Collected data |
● ● ● ●

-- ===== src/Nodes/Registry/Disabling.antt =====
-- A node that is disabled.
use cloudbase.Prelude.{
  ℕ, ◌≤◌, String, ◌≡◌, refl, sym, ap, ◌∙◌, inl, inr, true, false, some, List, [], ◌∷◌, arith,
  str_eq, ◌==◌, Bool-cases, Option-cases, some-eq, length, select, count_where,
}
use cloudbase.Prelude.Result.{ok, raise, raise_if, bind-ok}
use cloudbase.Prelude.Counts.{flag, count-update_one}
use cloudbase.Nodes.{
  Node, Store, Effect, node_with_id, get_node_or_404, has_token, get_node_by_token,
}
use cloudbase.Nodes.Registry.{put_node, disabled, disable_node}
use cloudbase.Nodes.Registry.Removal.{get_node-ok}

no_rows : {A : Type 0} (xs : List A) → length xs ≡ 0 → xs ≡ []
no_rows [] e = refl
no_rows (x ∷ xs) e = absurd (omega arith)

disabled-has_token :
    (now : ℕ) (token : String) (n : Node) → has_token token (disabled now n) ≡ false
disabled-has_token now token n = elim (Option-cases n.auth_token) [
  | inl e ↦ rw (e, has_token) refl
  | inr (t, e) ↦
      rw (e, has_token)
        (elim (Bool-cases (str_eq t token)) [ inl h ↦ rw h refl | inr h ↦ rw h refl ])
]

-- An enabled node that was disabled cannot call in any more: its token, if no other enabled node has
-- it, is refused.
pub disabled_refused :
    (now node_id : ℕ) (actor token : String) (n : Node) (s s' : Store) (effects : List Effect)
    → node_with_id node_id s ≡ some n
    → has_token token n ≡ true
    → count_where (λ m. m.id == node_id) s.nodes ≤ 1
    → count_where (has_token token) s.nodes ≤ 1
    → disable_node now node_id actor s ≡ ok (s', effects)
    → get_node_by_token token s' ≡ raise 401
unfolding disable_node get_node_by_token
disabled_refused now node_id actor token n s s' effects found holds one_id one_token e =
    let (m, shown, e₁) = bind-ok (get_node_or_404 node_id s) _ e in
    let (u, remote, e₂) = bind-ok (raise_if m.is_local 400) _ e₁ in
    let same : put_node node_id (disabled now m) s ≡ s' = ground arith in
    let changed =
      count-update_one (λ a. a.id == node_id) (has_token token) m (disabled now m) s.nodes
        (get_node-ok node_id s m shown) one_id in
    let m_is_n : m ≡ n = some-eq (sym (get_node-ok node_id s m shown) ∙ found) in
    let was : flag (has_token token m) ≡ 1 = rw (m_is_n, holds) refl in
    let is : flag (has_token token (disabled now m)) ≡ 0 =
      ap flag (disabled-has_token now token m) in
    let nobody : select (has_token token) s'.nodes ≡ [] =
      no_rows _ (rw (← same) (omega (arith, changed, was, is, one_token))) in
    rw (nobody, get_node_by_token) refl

● ● ● ●

REQUIRED WORK |
Write out the lines above exactly, but only from the one containing "let was : flag" through the last one.

TASK RESULT |
    let was : flag (has_token token m) ≡ 1 = rw (m_is_n, holds) refl in
    let is : flag (has_token token (disabled now m)) ≡ 0 =
      ap flag (disabled-has_token now token m) in
    let nobody : select (has_token token) s'.nodes ≡ [] =
      no_rows _ (rw (← same) (omega (arith, changed, was, is, one_token))) in
    rw (nobody, get_node_by_token) refl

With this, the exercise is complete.